Professor Oliver Braddick FBA

Visual perception and its development in early childhood; in particular, spatial, motion, binocular vision, and vision for action, and their underlying brain mechanisms in typical development and developmental disorders

Elected 2012

Fellow type
UK Fellow
Year of birth
1944
Year of death
2022
Year elected
2012
Sections
Psychology

Oliver Braddick gained his BA and PhD from Cambridge University, followed by a postdoctoral fellowship at Brown University, USA. He was a Lecturer and Reader in Experimental Psychology at Cambridge 1969-1993, followed by a chair at UCL 1993-2001 and Head of the Psychology Department 1998-2001. From 2001 he was Professor and Head of Department of Experimental Psychology at Oxford University and a Fellow of Magdalen College, where he was an Emeritus Professor, with visiting appointments at UCL and University of California San Diego. He was Editor-in-Chief of the Oxford Research Encyclopedia of Psychology.
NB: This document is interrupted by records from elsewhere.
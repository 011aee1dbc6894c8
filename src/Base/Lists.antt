-- ===== src/Base/Lists.antt =====
-- Lists measured by native numbers.
use Prim.Native.Nat.{ℕ, zero, suc, ◌+◌, ◌-◌, ◌≤◌}
use mathlib.Core.Path.{◌≡◌, refl, ap, ◌∙◌, sym}
use mathlib.Core.Logic.{◌⊎◌, inl, inr}
use mathlib.Core.List.{List, [], ◌∷◌, ◌++◌}
use native.Mathlib.Omega.{arith}

module _ {ℓ} {A : Type ℓ} where
  abbrev pub length : List A → ℕ
  length [] = 0
  length (x ∷ xs) = suc (length xs)

  abbrev pub take : ℕ → List A → List A
  take zero xs = []
  take (suc n) [] = []
  take (suc n) (x ∷ xs) = x ∷ take n xs

  abbrev pub drop : ℕ → List A → List A
  drop zero xs = xs
  drop (suc n) [] = []
  drop (suc n) (x ∷ xs) = drop n xs

  pub length-append : (xs ys : List A) → length (xs ++ ys) ≡ length xs + length ys
  length-append [] ys = omega arith
  length-append (x ∷ xs) ys = omega (arith, length-append xs ys)

-- A predicate at each item of a list.
abbrev pub All {ℓ κ} : {A : Type ℓ} → (A → Type κ) → List A → Type κ
All holds [] = Unit
All holds (head ∷ tail) = holds head × All holds tail

suc_plus : (a b : ℕ) → suc (a + b) ≡ suc a + b
suc_plus a b = omega arith

module _ {ℓ} {A : Type ℓ} where
  take-nil : (n : ℕ) → take {A = A} n [] ≡ []
  take-nil zero = refl
  take-nil (suc n) = refl

  drop-nil : (n : ℕ) → drop {A = A} n [] ≡ []
  drop-nil zero = refl
  drop-nil (suc n) = refl

  -- A prefix that is as long as the list is the list, by induction on the list.
  pub take_of_length-le : (n : ℕ) (xs : List A) → length xs ≤ n → take n xs ≡ xs
  take_of_length-le n [] enough = take-nil n
  take_of_length-le zero (head ∷ tail) enough = absurd (omega arith)
  take_of_length-le (suc k) (head ∷ tail) enough =
      let fits : length tail ≤ k = omega arith in ap (◌∷◌ head) (take_of_length-le k tail fits)

  pub drop_of_length-le : (n : ℕ) (xs : List A) → length xs ≤ n → drop n xs ≡ []
  drop_of_length-le n [] enough = drop-nil n
  drop_of_length-le zero (head ∷ tail) enough = absurd (omega arith)
  drop_of_length-le (suc k) (head ∷ tail) enough = drop_of_length-le k tail (omega arith)

  pub length-drop : (n : ℕ) (xs : List A) → length (drop n xs) ≡ length xs - n
  length-drop zero xs = omega arith
  length-drop (suc n) [] = omega arith
  length-drop (suc n) (x ∷ xs) = omega (arith, length-drop n xs)

  pub length-take-drop : (n : ℕ) (xs : List A) → length (take n xs) + length (drop n xs) ≡ length xs
  length-take-drop zero xs = omega arith
  length-take-drop (suc n) [] = omega arith
  length-take-drop (suc n) (x ∷ xs) = omega (arith, length-take-drop n xs)

  pub All-drop {κ} : (P : A → Type κ) (n : ℕ) (xs : List A) → All P xs → All P (drop n xs)
  All-drop P zero xs h = h
  All-drop P (suc n) [] h = h
  All-drop P (suc n) (x ∷ xs) h = All-drop P n xs h.1

  pub length-take-le : (n : ℕ) (xs : List A) → length (take n xs) ≤ n
  length-take-le zero xs = omega arith
  length-take-le (suc n) [] = omega arith
  length-take-le (suc n) (x ∷ xs) = omega (arith, length-take-le n xs)

  take-append-take : (n m : ℕ) (xs : List A) → take n xs ++ take m (drop n xs) ≡ take (n + m) xs
  take-append-take zero m xs = ground arith
  take-append-take (suc n) m [] = ground (arith, take-nil m, take-nil (suc n + m))
  take-append-take (suc n) m (x ∷ xs) =
      ap (◌∷◌ x) (take-append-take n m xs) ∙ ap (λ (k : ℕ). take k (x ∷ xs)) (suc_plus n m)

  pub drop-drop : (k n : ℕ) (xs : List A) → drop n (drop k xs) ≡ drop (k + n) xs
  drop-drop zero n xs = ground arith
  drop-drop (suc k) n [] = ground (arith, drop-nil n, drop-nil (suc k + n))
  drop-drop (suc k) n (x ∷ xs) = drop-drop k n xs ∙ ap (λ (j : ℕ). drop j (x ∷ xs)) (suc_plus k n)

  -- Two pages that follow one another are one larger page.
  pub take-append-drop :
      (n m k : ℕ) (xs : List A)
      → take n (drop k xs) ++ take m (drop (k + n) xs) ≡ take (n + m) (drop k xs)
  take-append-drop n m k xs =
      ap (λ (ys : List A). take n (drop k xs) ++ take m ys) (sym (drop-drop k n xs))
      ∙ take-append-take n m (drop k xs)

pub List-cases {ℓ} :
    {A : Type ℓ} (xs : List A) → (xs ≡ []) ⊎ ((x : A) × (rest : List A) × (xs ≡ x ∷ rest))
List-cases [] = inl refl
List-cases (x ∷ rest) = inr (x, rest, refl)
His research was on the mechanisms of visual perception and their development in infancy and childhood, particularly spatial and motion vision. He is well known for proposing a specific mechanism for short-range visual motion (1974). In 1976 he established the Visual Development Unit with Janette Atkinson, initially in Cambridge and subsequently in UCL and Oxford. The Unit pioneered work on contrast sensitivity, binocularity, orientation, and motion processing in infancy, on refractive screening of infants, and on dorsal stream vulnerability as a feature of extra-striate visual processing in developmental disorders. He was a Fellow of the Academy of Medical Sciences and the Academia Europaea.

Last post

Emeritus Professor of Experimental Psychology, University of Oxford

Publications

Development of human visual function Vision Research, 51, 1588-1609 2011

Normal and anomalous development of visual motion processing: motion coherence and ‘dorsal stream vulnerability’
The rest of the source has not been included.